Would we control all users of the interface, then yes. I am very conservative there because this increases the crack. Even UFS is broken still, and arguably other filesystems are broken forever. I think it is better tactically to close the hole in the interface now, than to allow this subtle breakage.

As I said, I do not see why first vget(9) (in the sense 0->1 for usecount) cannot upgrade to exclusive if inactivation is needed.

jeff added a comment.Jan 20 2020, 9:53 PM

The mode == 0 issue is orthogonal. This guarantee was already broken for any filesystem that supported shared locks.

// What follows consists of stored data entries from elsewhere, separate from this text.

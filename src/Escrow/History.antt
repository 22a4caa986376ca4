-- ===== src/Escrow/History.antt =====
-- Any sequence of calls on the escrow service, each in its transaction.
use sthrip.Base.{ℕ, ◌≡◌, String, List, [], ◌∷◌, refl, inl, inr, ◌∙◌}
use sthrip.Base.Int.{ℤ}
use sthrip.Base.Action.{Action, Result-cases, transact, transact-Raised}
use sthrip.Models.Database.{Db}
use sthrip.Accounting.{assets}
use sthrip.Escrow.Deals.{
  Request, create_escrow, accept_escrow, deliver_escrow, release_escrow, cancel_escrow,
}
use sthrip.Escrow.Milestones.{deliver_milestone, release_milestone}
use sthrip.Escrow.Creation.{create_escrow_outcome, create_escrow-assets, created_deal-IsWellFormed}
use sthrip.Escrow.Conservation.{
  accept_escrow-assets, deliver_escrow-assets, release_escrow-assets, cancel_escrow-assets,
}
use sthrip.Escrow.MilestoneBooks.{release_milestone-assets, deliver_milestone-assets}
use sthrip.Escrow.Preservation.{
  AllWellFormed, accept_escrow-AllWellFormed, deliver_escrow-AllWellFormed,
  release_escrow-AllWellFormed, cancel_escrow-AllWellFormed, deliver_milestone-AllWellFormed,
  release_milestone-AllWellFormed,
}

-- A call of an agent, with the time at which it comes.
pub data Call : Type 0 where
  create : ℕ → ℕ → String → Request → Call
  accept deliver cancel : ℕ → ℕ → ℕ → Call
  release : ℕ → ℕ → ℕ → ℤ → Call
  deliver_part : ℕ → ℕ → ℕ → ℕ → Call
  release_part : ℕ → ℕ → ℕ → ℕ → ℤ → Call

-- The database after the call's transaction.
unfoldable pub perform : Call → Db → Db
perform (Call.create now id hash r) db = (transact (create_escrow now id hash r) db).1
perform (Call.accept now id seller) db = (transact (accept_escrow now id seller) db).1
perform (Call.deliver now id seller) db = (transact (deliver_escrow now id seller) db).1
perform (Call.cancel now id buyer) db = (transact (cancel_escrow now id buyer) db).1
perform (Call.release now id buyer amount) db = (transact (release_escrow now id buyer amount) db).1
perform (Call.deliver_part now id seq seller) db =
    (transact (deliver_milestone now id seq seller) db).1
perform (Call.release_part now id seq buyer amount) db =
    (transact (release_milestone now id seq buyer amount) db).1

unfoldable pub perform_all : List Call → Db → Db
perform_all [] db = db
perform_all (c ∷ cs) db = perform_all cs (perform c db)

-- A fact about the session at the start and at the end of a call holds after its transaction.
transact-keeps :
    {A : Type 0} (P : Db → Type 0) (m : Action Db A) (db : Db)
    → P db
    → P (m db).1
    → P (transact m db).1
unfolding transact
transact-keeps P m db before after = elim (Result-cases (m db).0) [
  | inl (a, e) ↦ rw e after
  | inr (x, e) ↦ rw e before
]

create_escrow-AllWellFormed :
    (now id : ℕ) (hash : String) (r : Request) (db : Db)
    → AllWellFormed db
    → AllWellFormed (transact (create_escrow now id hash r) db).1
create_escrow-AllWellFormed now id hash r db ws = elim (create_escrow_outcome now id hash r db) [
  | inl (ready, done) ↦
      unfold transact in (rw done (created_deal-IsWellFormed now id hash r db ready, ws))
  | inr (_, raised) ↦ rw (transact-Raised (create_escrow now id hash r) db raised) ws
]

-- One call keeps the books of every token, and leaves deals that are well formed.
perform-keeps :
    (u : ℕ) (c : Call) (db : Db)
    → AllWellFormed db
    → AllWellFormed (perform c db) × (assets u (perform c db) ≡ assets u db)
unfolding perform
perform-keeps u (Call.create now id hash r) db ws =
    (create_escrow-AllWellFormed now id hash r db ws, create_escrow-assets u now id hash r db)
perform-keeps u (Call.accept now id seller) db ws = (
  transact-keeps AllWellFormed (accept_escrow now id seller) db ws
      (accept_escrow-AllWellFormed now id seller db ws),
  transact-keeps (λ s. assets u s ≡ assets u db) (accept_escrow now id seller) db refl
      (accept_escrow-assets u now id seller db ws),
)
perform-keeps u (Call.deliver now id seller) db ws = (
  transact-keeps AllWellFormed (deliver_escrow now id seller) db ws
      (deliver_escrow-AllWellFormed now id seller db ws),
  transact-keeps (λ s. assets u s ≡ assets u db) (deliver_escrow now id seller) db refl
      (deliver_escrow-assets u now id seller db),
)
perform-keeps u (Call.cancel now id buyer) db ws = (
  transact-keeps AllWellFormed (cancel_escrow now id buyer) db ws
      (cancel_escrow-AllWellFormed now id buyer db ws),
  transact-keeps (λ s. assets u s ≡ assets u db) (cancel_escrow now id buyer) db refl
      (cancel_escrow-assets u now id buyer db),
)
perform-keeps u (Call.release now id buyer amount) db ws = (
  transact-keeps AllWellFormed (release_escrow now id buyer amount) db ws
      (release_escrow-AllWellFormed now id buyer amount db ws),
  transact-keeps (λ s. assets u s ≡ assets u db) (release_escrow now id buyer amount) db refl
      (release_escrow-assets u now id buyer amount db ws),
)
perform-keeps u (Call.deliver_part now id seq seller) db ws = (
  transact-keeps AllWellFormed (deliver_milestone now id seq seller) db ws
      (deliver_milestone-AllWellFormed now id seq seller db ws),
  transact-keeps (λ s. assets u s ≡ assets u db) (deliver_milestone now id seq seller) db refl
      (deliver_milestone-assets u now id seq seller db),
)
perform-keeps u (Call.release_part now id seq buyer amount) db ws = (
  transact-keeps AllWellFormed (release_milestone now id seq buyer amount) db ws
      (release_milestone-AllWellFormed now id seq buyer amount db ws),
  transact-keeps (λ s. assets u s ≡ assets u db) (release_milestone now id seq buyer amount) db refl
      (release_milestone-assets u now id seq buyer amount db ws),
)

-- Whatever calls the agents make, in whatever order and at whatever times, refused ones included,
-- a database of well-formed deals keeps such deals, and the books of every token are as before.
pub perform_all-assets :
    (u : ℕ) (cs : List Call) (db : Db)
    → AllWellFormed db
    → AllWellFormed (perform_all cs db) × (assets u (perform_all cs db) ≡ assets u db)
unfolding perform_all
perform_all-assets u [] db ws = (ws, refl)
perform_all-assets u (c ∷ cs) db ws =
    let (ws', kept) = perform-keeps u c db ws in
    let (ws'', later) = perform_all-assets u cs (perform c db) ws' in (ws'', later ∙ kept)
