-- ===== src/Escrow/Machine.antt =====
-- The lifecycle of deals as an abstract machine.
use sthrip.Base.{
  ℕ, ◌≡◌, none, some, Option, refl, false, inl, inr, ◌==◌, ==→eq, ==-refl, Bool-cases,
}
use mathlib.Core.Path.{subst}
use sthrip.Base.Table.{Table, find, set, find-set}
use sthrip.Base.Action.{Action, Result-cases, transact}
use sthrip.Models.Escrow.{EscrowDeal, EscrowStatus}
use sthrip.Models.Database.{Db}

-- The abstract state: which deals there are, and the status of each.
abbrev pub Statuses : Type 0
Statuses = ℕ → Option EscrowStatus

abbrev pub status_in : Option EscrowDeal → Option EscrowStatus
status_in none = none
status_in (some d) = some d.status

abbrev pub statuses : Table EscrowDeal → Statuses
statuses t k = status_in (find k t)

abbrev pub view : Db → Statuses
view db = statuses db.deals

-- What may become of one deal.
pub data Step : Option EscrowStatus → Option EscrowStatus → Type 0 where
  open_deal : Step none (some EscrowStatus.created)
  accept : Step (some EscrowStatus.created) (some EscrowStatus.accepted)
  cancel : Step (some EscrowStatus.created) (some EscrowStatus.cancelled)
  deliver : Step (some EscrowStatus.accepted) (some EscrowStatus.delivered)
  release : Step (some EscrowStatus.delivered) (some EscrowStatus.completed)
  release_last_part : Step (some EscrowStatus.accepted) (some EscrowStatus.completed)

-- A step of the machine: nothing changes, or one deal takes a step and the others stay.
pub data Move (f g : Statuses) : Type 0 where
  stay : ((k : ℕ) → g k ≡ f k) → Move f g
  step : (id : ℕ) → Step (f id) (g id) → ((k : ℕ) → (id == k) ≡ false → g k ≡ f k) → Move f g

-- A run of the machine.
pub data Run : Statuses → Statuses → Type 0 where
  finish : (f : Statuses) → Run f f
  next : (f g h : Statuses) → Move f g → Run g h → Run f h

pub idle : (db : Db) → Move (view db) (view db)
idle db = Move.stay (λ k. refl)

-- Writing the row of a deal that is there.
module _ (id : ℕ) (d d' : EscrowDeal) (t : Table EscrowDeal) (e : find id t ≡ some d) where
  others : (k : ℕ) → (id == k) ≡ false → statuses (set id d' t) k ≡ statuses t k
  others k other = rw (find-set k id d' t, other) refl

  written_status : statuses (set id d' t) id ≡ some d'.status
  written_status = rw (find-set id id d' t, ==-refl id, e) refl

  pub write-Move :
      (s s' : EscrowStatus)
      → d.status ≡ s
      → d'.status ≡ s'
      → Step (some s) (some s')
      → Move (statuses t) (statuses (set id d' t))
  write-Move s s' st st' moved = Move.step id (rw (written_status, e, st, st') moved) others

  pub write-stay : d'.status ≡ d.status → Move (statuses t) (statuses (set id d' t))
  write-stay same = Move.stay (λ k. elim (Bool-cases (id == k)) [
    | inl here ↦
        let stays : statuses (set id d' t) id ≡ statuses t id = rw (written_status, e, same) refl in
        subst (λ j. statuses (set id d' t) j ≡ statuses t j) (==→eq id k here) stays
    | inr other ↦ others k other
  ])

pub transact-Move :
    {A : Type 0} (m : Action Db A) (db : Db)
    → Move (view db) (view (m db).1)
    → Move (view db) (view (transact m db).1)
unfolding transact
transact-Move m db after = elim (Result-cases (m db).0) [
  | inl (a, e) ↦ rw e after
  | inr (x, e) ↦ rw e (idle db)
]
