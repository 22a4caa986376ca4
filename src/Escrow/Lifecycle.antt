-- ===== src/Escrow/Lifecycle.antt =====
-- The agents' calls on deals as runs of the abstract machine.
use sthrip.Base.{
  ℕ, ◌≡◌, String, List, [], ◌∷◌, arith, refl, inl, inr, ==-refl, Option-cases, Bool-cases,
}
use sthrip.Base.Int.{ℤ}
use sthrip.Base.Table.{find, set, set-set}
use sthrip.Base.Action.{transact, transact-Raised}
use sthrip.Models.Escrow.{EscrowDeal, EscrowStatus}
use sthrip.Models.Database.{Db}
use sthrip.Escrow.Repo.{delivered_deal, cancelled_deal, released_deal}
use sthrip.Escrow.Trust.{fee_of}
use sthrip.Escrow.Deals.{
  Request, create_escrow, accept_escrow, deliver_escrow, release_escrow, cancel_escrow,
}
use sthrip.Escrow.Milestones.{deliver_milestone, release_milestone}
use sthrip.Escrow.Creation.{create_escrow_outcome, created_deal}
use sthrip.Escrow.Outcomes.{
  accept_escrow_outcome, accepted_result, deliver_escrow_outcome, release_escrow_outcome,
  cancel_escrow_outcome,
}
use sthrip.Escrow.MilestoneOutcomes.{
  deliver_milestone_outcome, deliver_milestone_unknown, delivered_parts, release_milestone_outcome,
  release_milestone_unknown, released_result, ends_with, with_parts,
}
use sthrip.Escrow.MilestoneRepo.{released}
use sthrip.Escrow.History.{Call, perform, perform_all}
use sthrip.Escrow.Machine.{view, Step, Move, Run, idle, write-Move, write-stay, transact-Move}

create_escrow-Move :
    (now id : ℕ) (hash : String) (r : Request) (db : Db)
    → Move (view db) (view (transact (create_escrow now id hash r) db).1)
create_escrow-Move now id hash r db = elim (create_escrow_outcome now id hash r db) [
  | inl (ready, done) ↦
      let opened : (created_deal now hash r).status ≡ EscrowStatus.created =
        elim (Option-cases r.milestones) [ inl e ↦ rw e refl | inr (ms, e) ↦ rw e refl ] in
      unfold transact find in
      (rw done
        (Move.step id (rw (==-refl id, opened, ready.5) Step.open_deal) (λ k other. rw other refl)))
  | inr (_, raised) ↦ rw (transact-Raised (create_escrow now id hash r) db raised) (idle db)
]

accept_escrow-Move :
    (now id seller : ℕ) (db : Db) → Move (view db) (view (accept_escrow now id seller db).1)
accept_escrow-Move now id seller db = elim (Option-cases (find id db.deals)) [
  | inl e ↦ unfold accept_escrow in (rw e (idle db))
  | inr (d, e) ↦ elim (accept_escrow_outcome now id seller d db e) [
    | inl (ready, done) ↦ rw done (
        write-Move id d (accepted_result now d) db.deals e EscrowStatus.created
          EscrowStatus.accepted (ready.0) (accepted_status now d) Step.accept)
    | inr (_, _, same) ↦ rw same (idle db)
  ]
]
  where
    accepted_status :
        (now : ℕ) (d : EscrowDeal) → (accepted_result now d).status ≡ EscrowStatus.accepted
    accepted_status now d = ground arith

deliver_escrow-Move :
    (now id seller : ℕ) (db : Db) → Move (view db) (view (deliver_escrow now id seller db).1)
deliver_escrow-Move now id seller db = elim (Option-cases (find id db.deals)) [
  | inl e ↦ unfold deliver_escrow in (rw e (idle db))
  | inr (d, e) ↦ elim (deliver_escrow_outcome now id seller d db e) [
    | inl (ready, done) ↦ rw done (
        write-Move id d (delivered_deal now d.review_timeout_hours d) db.deals e
          EscrowStatus.accepted EscrowStatus.delivered (ready.0) refl Step.deliver)
    | inr (_, _, same) ↦ rw same (idle db)
  ]
]

release_escrow-Move :
    (now id buyer : ℕ) (amount : ℤ) (db : Db)
    → Move (view db) (view (release_escrow now id buyer amount db).1)
release_escrow-Move now id buyer amount db = elim (Option-cases (find id db.deals)) [
  | inl e ↦ unfold release_escrow in (rw e (idle db))
  | inr (d, e) ↦ elim (release_escrow_outcome now id buyer amount d db e) [
    | inl (ready, done) ↦ rw done (
        write-Move id d (released_deal now amount (fee_of amount d.fee_percent) d) db.deals e
          EscrowStatus.delivered EscrowStatus.completed (ready.0) refl Step.release)
    | inr (_, _, same) ↦ rw same (idle db)
  ]
]

cancel_escrow-Move :
    (now id buyer : ℕ) (db : Db) → Move (view db) (view (cancel_escrow now id buyer db).1)
cancel_escrow-Move now id buyer db = elim (Option-cases (find id db.deals)) [
  | inl e ↦ unfold cancel_escrow in (rw e (idle db))
  | inr (d, e) ↦ elim (cancel_escrow_outcome now id buyer d db e) [
    | inl (ready, done) ↦ rw done (
        write-Move id d (cancelled_deal now d) db.deals e EscrowStatus.created
          EscrowStatus.cancelled (ready.0) refl Step.cancel)
    | inr (_, _, same) ↦ rw same (idle db)
  ]
]

deliver_milestone-Move :
    (now id seq seller : ℕ) (db : Db)
    → Move (view db) (view (deliver_milestone now id seq seller db).1)
deliver_milestone-Move now id seq seller db = elim (Option-cases (find id db.deals)) [
  | inl e ↦ unfold deliver_milestone in (rw e (idle db))
  | inr (d, e) ↦ elim (Option-cases (find seq d.milestones)) [
    | inl em ↦ rw ((deliver_milestone_unknown now id seq seller d db e em).1) (idle db)
    | inr (m, em) ↦ elim (deliver_milestone_outcome now id seq seller m d db e em) [
      | inl (_, done) ↦ rw done (write-stay id d (delivered_parts now seq m d) db.deals e refl)
      | inr (_, _, same) ↦ rw same (idle db)
    ]
  ]
]

release_milestone-Move :
    (now id seq buyer : ℕ) (amount : ℤ) (db : Db)
    → Move (view db) (view (release_milestone now id seq buyer amount db).1)
release_milestone-Move now id seq buyer amount db = elim (Option-cases (find id db.deals)) [
  | inl e ↦ unfold release_milestone in (rw e (idle db))
  | inr (d, e) ↦ elim (Option-cases (find seq d.milestones)) [
    | inl em ↦ rw ((release_milestone_unknown now id seq buyer amount d db e em).1) (idle db)
    | inr (m, em) ↦ elim (release_milestone_outcome now id seq buyer amount m d db e em) [
      | inl (ready, done) ↦
          let here : EscrowDeal =
            with_parts (set seq (released now amount (fee_of amount d.fee_percent) m) d.milestones)
              d in
          let d' = released_result now seq amount m d in
          elim (Bool-cases (ends_with seq here)) [
            | inl last ↦
                let ended : d'.status ≡ EscrowStatus.completed = rw last refl in
                rw (done, set-set id d' here db.deals)
                  (write-Move id d d' db.deals e EscrowStatus.accepted EscrowStatus.completed
                    (ready.0) ended Step.release_last_part)
            | inr more ↦
                let goes_on : d'.status ≡ d.status = rw more refl in
                rw (done, set-set id d' here db.deals) (write-stay id d d' db.deals e goes_on)
          ]
      | inr (_, _, same) ↦ rw same (idle db)
    ]
  ]
]

-- A call of the agents on the escrow service, refused ones included, leaves the status of every deal
-- as it was, or takes one deal one step along the lifecycle and leaves the others.
pub perform-Move : (c : Call) (db : Db) → Move (view db) (view (perform c db))
unfolding perform
perform-Move (Call.create now id hash r) db = create_escrow-Move now id hash r db
perform-Move (Call.accept now id seller) db =
    transact-Move (accept_escrow now id seller) db (accept_escrow-Move now id seller db)
perform-Move (Call.deliver now id seller) db =
    transact-Move (deliver_escrow now id seller) db (deliver_escrow-Move now id seller db)
perform-Move (Call.cancel now id buyer) db =
    transact-Move (cancel_escrow now id buyer) db (cancel_escrow-Move now id buyer db)
perform-Move (Call.release now id buyer amount) db =
    transact-Move (release_escrow now id buyer amount) db
      (release_escrow-Move now id buyer amount db)
perform-Move (Call.deliver_part now id seq seller) db =
    transact-Move (deliver_milestone now id seq seller) db
      (deliver_milestone-Move now id seq seller db)
perform-Move (Call.release_part now id seq buyer amount) db =
    transact-Move (release_milestone now id seq buyer amount) db
      (release_milestone-Move now id seq buyer amount db)

-- The statuses before and after any calls of the agents, refused ones included, are those of a run
-- of the machine.
perform_all-Run : (cs : List Call) (db : Db) → Run (view db) (view (perform_all cs db))
unfolding perform_all
perform_all-Run [] db = Run.finish (view db)
perform_all-Run (c ∷ cs) db =
    Run.next (view db) (view (perform c db)) (view (perform_all cs (perform c db)))
      (perform-Move c db) (perform_all-Run cs (perform c db))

mjg added a comment.EditedJan 20 2020, 11:02 PM

I think this patch (and the next one) can wait a little bit. In general we should be moving towards explicitly expressed requirements but also without putting burden on common paths to handle corner cases if it can be avoided.

To that end, for the first problem type of the i_mode == 0 with not completely initialized vnode, we should add a func in the lines "vconstructed" or similar which on debug kernels would add a flag (say VIRF_CONSTRUCTED). Then vop_unlock_pre could assert that vnode is (VIRF_CONSTRUCTED | VIRF_DOOMED) != 0. With this in place weeding out problematic cases is a matter of coverage testing.

For mandatory inactive:
The entire 'inactive' situation should be rationalized a little bit as the operation is way overloaded in terms of its meaning. It denotes at least 2 different kinds of stuff to do:

  1. viable to do regardless of usecount, e.g. atime updates and which can be done by the syncer at any point if it can't be done now
  2. file removal. but if this happens doing inactive just kills the content and there is nothing to retun to the user in vget

That is to say, the invariant should be that if there is mandatory processing to do, the vnode should not be possible to find through the namecache. Thus the namecache can use vget variant which does not concern itself with inactive in the first place (and only asserts it is not needed).
Since the vnode may hang around in the vnode hash or other places without such guarantee, these places will do perform said processing.

That is, I think the first part (VIRF_CONSTRUCTED or so) addresses my bug and I will take care of it if the plan sounds fine. The latter part is a problem since at least 2008 which imo did not get meaningfully worsened by this patch and therefore can be fixed later.

This revision was automatically updated to reflect the committed changes.